**WORK TO COMPLETE**
The response must contain every line from the records below that has "some".

Collected data entries
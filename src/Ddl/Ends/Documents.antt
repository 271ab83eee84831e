-- ===== src/Ddl/Ends/Documents.antt =====
-- The parsers of components and instances end, and so does `parse` on what `tokenize` yields.
use sig_topo.Base.{
  ℕ, String, ◌≡◌, refl, false, some, List, length, err, Result, Result-cases, inl, inr, arith,
}
use sig_topo.Json.{Platform}
use sig_topo.Ddl.Token.{TokenKind, Token}
use sig_topo.Ddl.Lexer.{tokenize}
use sig_topo.Ddl.Laid.{Laid, tokenize-Laid}
use sig_topo.Ddl.Ast.{DdlDoc}
use sig_topo.Ddl.Parse.{Outcome, parsed, failed, panicked, endless}
use sig_topo.Ddl.Parser.Components.{
  Body, alias_clause, connect_clause, port_direction, parse_port, body_item, body_step,
  parse_component, parse_pair, parse_binding_map, parse_connection_map, parse_instantiate,
}
use sig_topo.Ddl.Parser.Doc.{
  Sweep, doc_item, doc_step, sweep, done, resolve, parse, parse_tokens, parse_source,
}
use sig_topo.Ddl.Total.{Fine, Total, Taking, Steps, Total-of_Taking}
use sig_topo.Ddl.Ends.{
  total, taking, steps, block, Total-expect_any_ident, Total-expect_name, Total-expect_keyword,
  Taking-expect_name, Taking-expect_keyword, Total-optional, Taking-bracketed,
  Taking-parse_state_list,
}
use sig_topo.Ddl.Ends.Signals.{Taking-expect_fresh, Taking-parse_signal}
use sig_topo.Ddl.Ends.Reactions.{
  Taking-parse_reaction_raw, Taking-parse_fork_block, Taking-parse_join_block,
  Taking-parse_guard_decl,
}

module _ (p : Platform) (src : String) where
  Total-port_direction :
      (dir : String) (tok : Token p.Float) → Total p src (port_direction p dir tok)
  unfolding port_direction
  Total-port_direction dir tok = search (taking, total) depth 20 fits 2000

  Total-alias_clause : Total p src (alias_clause p)
  Total-alias_clause = search (total, Taking-expect_name) depth 20 fits 2000

  Taking-parse_port : Taking p src (parse_port p)
  unfolding parse_port
  Taking-parse_port =
      let keyword : false ≡ false = refl in
      search
        (
          block, Taking-expect_keyword, Total-expect_any_ident, Total-expect_name,
          Total-expect_keyword, Total-optional, Total-port_direction, Total-alias_clause,
        )
        depth 30 fits 3000

  Steps-body_item :
      (id : String) (kind : TokenKind p.Float) (t : Token p.Float) (b : Body)
      → Steps p src (body_item p src id kind t b)
  unfolding body_item
  Steps-body_item id TokenKind.port t b =
      search (steps, taking, total, Taking-parse_port) depth 20 fits 2000
  Steps-body_item id TokenKind.signal t b =
      search (steps, taking, total, Taking-parse_signal) depth 20 fits 2000
  Steps-body_item id TokenKind.reaction t b =
      search (steps, taking, total, Taking-parse_reaction_raw) depth 20 fits 2000
  Steps-body_item id TokenKind.rbrace t b = search (steps, total) depth 20 fits 2000
  Steps-body_item id _ t b = search (steps, taking, total) depth 20 fits 2000

  Steps-body_step : (id : String) (b : Body) → Steps p src (body_step p src id b)
  unfolding body_step
  Steps-body_step id b = search (steps, total, Steps-body_item) depth 10 fits 2000

  Taking-parse_component : (seen : List String) → Taking p src (parse_component p src seen)
  unfolding parse_component
  Taking-parse_component seen =
      let keyword : false ≡ false = refl in
      search
        (
          taking, total, Taking-expect_keyword, Taking-expect_fresh, Total-optional,
          Taking-parse_state_list, Steps-body_step,
        )
        depth 30 fits 3000

  Taking-parse_pair : Taking p src (parse_pair p)
  unfolding parse_pair
  Taking-parse_pair =
      let keyword : false ≡ false = refl in
      search (taking, total, Taking-expect_name, Taking-expect_keyword) depth 20 fits 2000

  Taking-parse_binding_map : Taking p src (parse_binding_map p)
  unfolding parse_binding_map
  Taking-parse_binding_map =
      let keyword : false ≡ false = refl in
      search (taking, total, Taking-bracketed, Taking-parse_pair) depth 20 fits 2000

  Taking-parse_connection_map : Taking p src (parse_connection_map p)
  unfolding parse_connection_map
  Taking-parse_connection_map =
      let keyword : false ≡ false = refl in
      search (taking, total, Taking-bracketed, Taking-parse_pair) depth 20 fits 2000

  Total-connect_clause : Total p src (connect_clause p)
  Total-connect_clause = search (total, Taking-parse_connection_map) depth 20 fits 2000

  Total-parse_binding_map : Total p src (parse_binding_map p)
  Total-parse_binding_map = Total-of_Taking p src _ Taking-parse_binding_map

  Taking-parse_instantiate : Taking p src (parse_instantiate p)
  unfolding parse_instantiate
  Taking-parse_instantiate =
      let keyword : false ≡ false = refl in
      search
        (
          block, Taking-expect_keyword, Total-expect_name, Total-expect_keyword, Total-optional,
          Total-parse_binding_map, Total-connect_clause,
        )
        depth 30 fits 3000

  Steps-doc_item :
      (kind : TokenKind p.Float) (t : Token p.Float) (w : Sweep)
      → Steps p src (doc_item p src kind t w)
  unfolding doc_item
  Steps-doc_item TokenKind.signal t w =
      search (steps, taking, total, Taking-parse_signal) depth 20 fits 2000
  Steps-doc_item TokenKind.reaction t w =
      search (steps, taking, total, Taking-parse_reaction_raw) depth 20 fits 2000
  Steps-doc_item TokenKind.guard t w =
      search (steps, taking, total, Taking-parse_guard_decl) depth 20 fits 2000
  Steps-doc_item TokenKind.fork t w =
      search (steps, taking, total, Taking-parse_fork_block) depth 20 fits 2000
  Steps-doc_item TokenKind.join t w =
      search (steps, taking, total, Taking-parse_join_block) depth 20 fits 2000
  Steps-doc_item TokenKind.component t w =
      search (steps, taking, total, Taking-parse_component) depth 20 fits 2000
  Steps-doc_item TokenKind.instantiate t w =
      search (steps, taking, total, Taking-parse_instantiate) depth 20 fits 2000
  Steps-doc_item TokenKind.eof t w = search (steps, total) depth 20 fits 2000
  Steps-doc_item _ t w = search (steps, taking, total) depth 20 fits 2000

  Steps-doc_step : (w : Sweep) → Steps p src (doc_step p src w)
  unfolding doc_step
  Steps-doc_step w = search (steps, total, Steps-doc_item) depth 10 fits 2000

  Total-sweep : Total p src (sweep p src)
  unfolding sweep
  Total-sweep = search (total, Steps-doc_step) depth 10 fits 2000

  done_returns :
      (n : ℕ) (o : Outcome p.Float Sweep)
      → Fine p src n o
      → (r : Result String DdlDoc) × (done p o ≡ some r)
  done_returns n (parsed w rest) h = (resolve w, refl)
  done_returns n (failed m) h = (err m, refl)
  done_returns n panicked h = absurd h
  done_returns n endless h = absurd h

  parse_returns :
      (tokens : List (Token p.Float))
      → Laid src 0 tokens
      → (r : Result String DdlDoc) × (parse p tokens src ≡ some r)
  unfolding parse Total
  parse_returns tokens l =
      done_returns (length tokens) (sweep p src tokens)
        (Total-sweep (length tokens) tokens l (omega arith))

  -- On every text the front end returns, a document or a message: it neither indexes past the tokens,
  -- nor cuts the source inside a character, nor loops forever.
  pub parse_source-returns : (r : Result String DdlDoc) × (parse_source p src ≡ some r)
  unfolding parse_source
  parse_source-returns = elim (Result-cases (tokenize p src)) [
    | inl (tokens, lexed) ↦
        rw (lexed, parse_tokens) (parse_returns tokens (tokenize-Laid p src tokens lexed))
    | inr (m, refused) ↦ rw (refused, parse_tokens) (err m, refl)
  ]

**RESPONSE BELOW**
  ℕ, String, ◌≡◌, refl, false, some, List, length, err, Result, Result-cases, inl, inr, arith,
      → (r : Result String DdlDoc) × (done p o ≡ some r)
      → (r : Result String DdlDoc) × (parse p tokens src ≡ some r)
  pub parse_source-returns : (r : Result String DdlDoc) × (parse_source p src ≡ some r)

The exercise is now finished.